In such circumstances, it will be wise for a Panel to make their reasoning clear enough to render the unexpected conclusion explicable. Mere reference to the demeanour of the witnesses is unlikely to carry the matter home. The Panel’s explanation of their reasons here was inadequate. Employing all due deference, I am unable to reconcile an acceptance of Mrs A having given “clear expressions of preference for giving birth by caesarean section in hospital” with the unchallenged records at the time, and with her reaction for months after the event. On that issue therefore I conclude that the Panel’s finding was wrong.

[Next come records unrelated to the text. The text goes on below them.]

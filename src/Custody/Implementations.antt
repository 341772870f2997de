-- ===== src/Custody/Implementations.antt =====
-- The four implementations of LSDHub keep what the trait promises of the holdings
-- (contracts/amp-lp-wrapper, contracts/spectrum-wrapper, packages/wrapper_implementations/src).
use cavern_lsd_wrapper.Base.{
  ℕ, ◌≡◌, Option, some, List, [], ◌∷◌, ◌++◌, map, ok, string_eq, eq_self, StdResult, ◌>>=◌,
  bind_succeeded, subst, String,
}
use cavern_lsd_wrapper.Std.{Addr, Binary, CosmosMsg, wasm_execute, Env, MessageInfo, sub_msg}
use cavern_lsd_wrapper.Basset.Payload.{Payload, cw20_transfer, cw20_transfer_from}
use cavern_lsd_wrapper.Basset.External.{LsdStateResponseTrait}
use cavern_lsd_wrapper.Host.{Host}
use cavern_lsd_wrapper.Custody.{Custody}
use cavern_lsd_wrapper.Custody.Tokens.{
  token_custody, CallsToken, Decodes, message_moves, payload_moves,
}
use cavern_lsd_wrapper.Custody.Moves.{Move, moves_of}
use cavern_lsd_wrapper.LsdHub.Amp
use cavern_lsd_wrapper.LsdHub.Spectrum
use cavern_lsd_wrapper.LsdHub.Steak

module _ (decode : Binary → Option Payload) (self : Addr) where
  module _ (h : Host) (token : Addr) (m : Payload) (ms : List CosmosMsg) where
    -- A body that serializes `m` and calls the token.
    pub calls_token :
        (h.to_binary m >>= λ b. ok (wasm_execute token b [] ∷ [])) ≡ ok ms
        → CallsToken decode self token h m ms
    calls_token made =
        let (b, e, same) =
          bind_succeeded (h.to_binary m) (λ b. ok (wasm_execute token b [] ∷ [])) made in
        (b, e, cc)

  -- The call succeeds, and its messages make exactly the given transfers of `token`.
  abbrev pub MovesOnly : Addr → StdResult (List CosmosMsg) → List Move → Type 0
  MovesOnly token made moves =
      (ms : List CosmosMsg) × (made ≡ ok ms)
      × (moves_of (message_moves decode self token) (map sub_msg ms) ≡ moves)

  calls-MovesOnly :
      (h : Host) (token : Addr) (m : Payload) (b : Binary)
      → Decodes decode h
      → h.to_binary m ≡ ok b
      → MovesOnly token
          (h.to_binary m >>= λ b. ok (wasm_execute token b [] ∷ []))
          (payload_moves decode self token (some m) ++ [])
  unfolding Decodes
  calls-MovesOnly h token m b serial made =
      (wasm_execute token b [] ∷ [], rw made, simp (eq_self token, serial m b made))

  unfoldable pub amp_custody : (cfg : Amp.AmphHub) → Custody Amp.amp_hub cfg
  unfolding Amp.deposit_funds Amp.send_funds token_custody
  amp_custody cfg =
      token_custody decode self cfg.contracts.token Amp.amp_hub cfg
        (λ h env info n from ms made.
          calls_token h cfg.contracts.token (cw20_transfer_from from env.contract n) ms made)
        (λ h env n to ms made. calls_token h cfg.contracts.token (cw20_transfer to n) ms made)

  unfoldable pub spectrum_custody : (cfg : Spectrum.SpectrumHub) → Custody Spectrum.spectrum_hub cfg
  unfolding Spectrum.deposit_funds Spectrum.send_funds token_custody
  spectrum_custody cfg =
      token_custody decode self cfg.contracts.token Spectrum.spectrum_hub cfg
        (λ h env info n from ms made.
          calls_token h cfg.contracts.token (cw20_transfer_from from env.contract n) ms made)
        (λ h env n to ms made. calls_token h cfg.contracts.token (cw20_transfer to n) ms made)

  module _ {T : Type 0} (query_state : String → Binary → StdResult T)
      (t : LsdStateResponseTrait T) where
    unfoldable pub steak_custody :
        (cfg : Steak.SteakLsdHub) → Custody (Steak.steak_hub query_state t) cfg
    unfolding Steak.deposit_funds Steak.send_funds token_custody
    steak_custody cfg =
        token_custody decode self cfg.lsd_contracts.token (Steak.steak_hub query_state t) cfg
          (λ h env info n from ms made.
            calls_token h cfg.lsd_contracts.token (cw20_transfer_from from env.contract n) ms made)
          (λ h env n to ms made. calls_token h cfg.lsd_contracts.token (cw20_transfer to n) ms made)

  -- One transfer, from `from` to `to`.
  abbrev pub only_move : Addr → Addr → ℕ → List Move
  only_move from to n = record { payer = from; payee = to; amount = n } ∷ []

  -- The messages of each implementation over a cw20 token exist, and move exactly what is asked:
  -- those of a deposit move the amount from the depositor to the wrapper, those of a payment move
  -- it from the wrapper to the recipient, and nothing else of the token moves.
  pub deposit-send_moves :
      (h : Host) (env : Env) (info : MessageInfo) (n : ℕ) (other : Addr) (b c : Binary)
      (a : Amp.AmphHub) (s : Spectrum.SpectrumHub) (l : Steak.SteakLsdHub)
      → Decodes decode h
      → env.contract ≡ self
      → h.to_binary (cw20_transfer_from other env.contract n) ≡ ok b
      → h.to_binary (cw20_transfer other n) ≡ ok c
      → MovesOnly a.contracts.token
          (Amp.deposit_funds a h env info n other)
          (only_move other self n)
        × MovesOnly a.contracts.token (Amp.send_funds a h env n other) (only_move self other n)
        × MovesOnly s.contracts.token
            (Spectrum.deposit_funds s h env info n other)
            (only_move other self n)
        × MovesOnly s.contracts.token (Spectrum.send_funds s h env n other) (only_move self other n)
        × MovesOnly l.lsd_contracts.token
            (Steak.deposit_funds l h env info n other)
            (only_move other self n)
        × MovesOnly l.lsd_contracts.token
            (Steak.send_funds l h env n other)
            (only_move self other n)
  unfolding Amp.deposit_funds Amp.send_funds Spectrum.deposit_funds Spectrum.send_funds
      Steak.deposit_funds Steak.send_funds
  deposit-send_moves h env info n other b c a s l serial here made paid = (
    deposit a.contracts.token,
    payment a.contracts.token,
    deposit s.contracts.token,
    payment s.contracts.token,
    deposit l.lsd_contracts.token,
    payment l.lsd_contracts.token,
  )
    where
      deposit :
          (token : Addr)
          → MovesOnly token
              (h.to_binary (cw20_transfer_from other env.contract n) >>= λ b.
                ok (wasm_execute token b [] ∷ []))
              (only_move other self n)
      deposit token =
          subst
            (λ (to : Addr).
              MovesOnly token
                (h.to_binary (cw20_transfer_from other env.contract n) >>= λ b.
                  ok (wasm_execute token b [] ∷ []))
                (only_move other to n))
            here (calls-MovesOnly h token (cw20_transfer_from other env.contract n) b serial made)

      payment :
          (token : Addr)
          → MovesOnly token
              (h.to_binary (cw20_transfer other n) >>= λ b. ok (wasm_execute token b [] ∷ []))
              (only_move self other n)
      payment token = calls-MovesOnly h token (cw20_transfer other n) c serial paid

It is conceded that the finding on Limb 1 is flawed. My conclusion is that the finding on Limb 6 was equally flawed, for the reasons I have given. Whether the Panel were correct to “re-formulate” the charge affecting this issue is academic.
In my judgment, there is no basis for saying the Panel’s conclusions of fact on the other limbs of the charge were wrong. They were entitled to prefer the evidence of Carol Axon to that of the Appellant as to the communication of Mrs A’s reluctance to undergo vaginal examinations, and thus their conclusion on Limb 4 was perfectly proper. How serious a failure of care this represents is debatable.
The Panel was also entitled to conclude that Carol Axon and Fiona Shaw were not apprised of the weight of the baby, following the scan on 24 August. Thus Limb 7 was properly made out. It seems very unlikely that knowledge of the weight of the baby would have made any difference, given the fact that Mr Taylor and Maria Patterson knew of it and gave advice based on the fact, which was rejected by Mr and Mrs A.
The Appellant conceded she had not informed the Ambulance Service that Mrs A was in labour, and that was a stipulation of the Supervisory Plan. It follows that Limbs 8 and 9 were properly made out. The last two can have made no difference, on the facts of this case, to the outcome.
There is therefore a question as to whether the conclusions of fact which stand, and which are encompassed within the charges laid, amount to a failure to provide an appropriate standard of care for Mrs A and her baby. If they do, a question will arise as to the appropriate sanction. There is also the question as to what may be the implications or consequences of the sustained finding in relation to the Appellant’s notes, which was not the subject of a charge, and, since the alteration of the notes must have taken place after the event, cannot have affected the care given to Mrs A and her baby.
Both parties have tried to anticipate some of these issues, in their submissions. However, given the nature of my conclusions, I consider it is proper for the parties to be able to make representations as to the Order I should properly make and as to how the matter should proceed from here in the knowledge of this judgment. I will therefore ensure that when the matter is formally handed down that can be done.